What to produce:
Could you reproduce, from the records below, everything from the line with "new = record" down to the line with "-- The end of a task with", keeping both of those lines and changing nothing?

####################

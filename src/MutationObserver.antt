-- ===== src/MutationObserver.antt =====
-- src/mutation_observer.rs: the observer of one mutation and its filtered stream of events. Its
-- executions run in tasks of their own, each with the reset generation that it was submitted under.
pub mod Tracking
pub mod Events
use rs_query.Base.{
  ℕ, zero, suc, ◌+◌, ◌%◌, ◌^◌, ◌⊎◌, inl, inr, Bool, true, false, ◌||◌, Option, none, some, List, [],
  ◌∷◌, ◌++◌, get_last?, ◌==◌, if◌then◌else◌,
}
use rs_query.State.{QueryError, MutationState}
use rs_query.Bus
use rs_query.Bus.{Received, poll_state, ok, empty, closed, lagged}
use rs_query.MutationCache
use rs_query.MutationCache.{MutationCache, MutationCacheEvent}
use rs_query.Client.Core.{Tables}
use rs_query.Mutation.Core.{
  Scene, Mutation, MutateOptions, MutationCacheConfig, Surroundings, World,
}
use rs_query.Mutation.Running.{pending_entry, execute_mutation_full}

-- `MutationObserver<T, P>`, without the cache and the mutation.
pub record MutationObserver (T : Type 0) : Type 0 where
  pub state : MutationState T
  pub entry_ids : List ℕ
  pub generation : ℕ

-- The modulus of `AtomicU64`.
abbrev pub u64 : ℕ
u64 = 2 ^ 64

module _ {T : Type 0} where
  unfoldable pub new : MutationObserver T
  new = record { state = MutationState.idle; entry_ids = []; generation = 0 }

  -- `mutate` up to the spawn, with the generation that the task keeps.
  unfoldable pub submit : MutationObserver T → MutationObserver T × ℕ
  submit o = (record o { state = MutationState.loading }, o.generation)

  -- `on_entry_added`.
  unfoldable pub on_entry_added : ℕ → MutationObserver T → MutationObserver T
  on_entry_added id o = record o { entry_ids = o.entry_ids ++ id ∷ [] }

  abbrev pub told : T ⊎ QueryError → MutationState T
  told (inl d) = MutationState.success d
  told (inr e) = MutationState.error e

  -- The end of a task: the look at the generation, and the write, which is a lock of its own.
  unfoldable pub is_observed : ℕ → MutationObserver T → Bool
  is_observed observed_generation o = o.generation == observed_generation

  unfoldable pub write_result : T ⊎ QueryError → MutationObserver T → MutationObserver T
  write_result result o = record o { state = told result }

  -- The end of a task with nothing between the two.
  unfoldable pub settle : ℕ → T ⊎ QueryError → MutationObserver T → MutationObserver T
  unfolding is_observed write_result
  settle observed_generation result o =
      if is_observed observed_generation o then write_result result o else o

  -- The two writes of `reset`.
  unfoldable pub next_generation : MutationObserver T → MutationObserver T
  next_generation o = record o { generation = (o.generation + 1) % u64 }

  unfoldable pub clear_state : MutationObserver T → MutationObserver T
  clear_state o = record o { state = MutationState.idle }

  unfoldable pub reset : MutationObserver T → MutationObserver T
  unfolding next_generation clear_state
  reset o = clear_state (next_generation o)

  unfoldable pub current_result : MutationObserver T → MutationState T
  current_result o = o.state

  unfoldable pub last_entry_id : MutationObserver T → Option ℕ
  last_entry_id o = get_last? o.entry_ids

module _ {V : Type 0} {M : Tables V} {T W : Type 0} where
  -- The end of the task: `none` while the execution is at its gate.
  unfoldable pub finish_task :
      ℕ
      → MutationObserver T
      → Option (World M W × (T ⊎ QueryError))
      → Option (World M W × MutationObserver T × (T ⊎ QueryError))
  finish_task g o none = none
  finish_task g o (some (w, result)) = some (w, settle g result o, result)

module _ {V : Type 0} {M : Tables V} {T P W : Type 0} where
  -- `mutate` with its task run to its end; `meanwhile` is what happens to the observer from the
  -- addition of the entry to the end of the execution.
  unfoldable pub mutate :
      MutationCacheConfig (Scene M W)
      → Surroundings M W
      → ℕ
      → ℕ
      → Mutation M T P W
      → P
      → Option (MutateOptions T P (Scene M W))
      → (MutationObserver T → MutationObserver T)
      → World M W
      → MutationObserver T
      → Option (World M W × MutationObserver T × (T ⊎ QueryError))
  mutate config around polls now m params per_call meanwhile w o =
      let (o1, g) = submit o in
      let id = (MutationCache.add (pending_entry now m) w.cache).1 in
      finish_task g (meanwhile (on_entry_added id o1))
        (execute_mutation_full config around polls now m params per_call w)

abbrev pub mem : ℕ → List ℕ → Bool
mem id [] = false
mem id (i ∷ is) = i == id || mem id is

-- `relevant` in `MutationEventStream::next`.
unfoldable pub relevant : List ℕ → MutationCacheEvent → Bool
relevant ids (MutationCacheEvent.added id) = mem id ids
relevant ids (MutationCacheEvent.removed id) = mem id ids
relevant ids (MutationCacheEvent.updated id) = mem id ids
relevant ids _ = true

-- A poll of `next`: an event, the end of the stream, or `Pending`.
pub data Next : Type 0 where
  event : MutationCacheEvent → Next
  ended pending : Next

module _ (entry_ids : List ℕ) (id : ℕ) where
  -- The branches of the loop on what the receiver got.
  unfoldable pub on_received :
      (Bus.Shared MutationCacheEvent → Bus.Shared MutationCacheEvent × Option Next)
      → Bus.Shared MutationCacheEvent × Received MutationCacheEvent
      → Bus.Shared MutationCacheEvent × Option Next
  on_received loop (s, ok e) = if relevant entry_ids e then (s, some (event e)) else loop s
  on_received loop (s, lagged n) = loop s
  on_received loop (s, closed) = (s, some ended)
  on_received loop (s, empty) = (s, some pending)

  -- A poll of `MutationEventStream::next`, of at most so many turns; `none` if they are used up.
  unfoldable pub next :
      ℕ → Bus.Shared MutationCacheEvent → Bus.Shared MutationCacheEvent × Option Next
  next zero s = (s, none)
  next (suc fuel) s = on_received (next fuel) (poll_state true id s)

####################

Output of the task:
  new = record { state = MutationState.idle; entry_ids = []; generation = 0 }

  -- `mutate` up to the spawn, with the generation that the task keeps.
  unfoldable pub submit : MutationObserver T → MutationObserver T × ℕ
  submit o = (record o { state = MutationState.loading }, o.generation)

  -- `on_entry_added`.
  unfoldable pub on_entry_added : ℕ → MutationObserver T → MutationObserver T
  on_entry_added id o = record o { entry_ids = o.entry_ids ++ id ∷ [] }

  abbrev pub told : T ⊎ QueryError → MutationState T
  told (inl d) = MutationState.success d
  told (inr e) = MutationState.error e

  -- The end of a task: the look at the generation, and the write, which is a lock of its own.
  unfoldable pub is_observed : ℕ → MutationObserver T → Bool
  is_observed observed_generation o = o.generation == observed_generation

  unfoldable pub write_result : T ⊎ QueryError → MutationObserver T → MutationObserver T
  write_result result o = record o { state = told result }

  -- The end of a task with nothing between the two.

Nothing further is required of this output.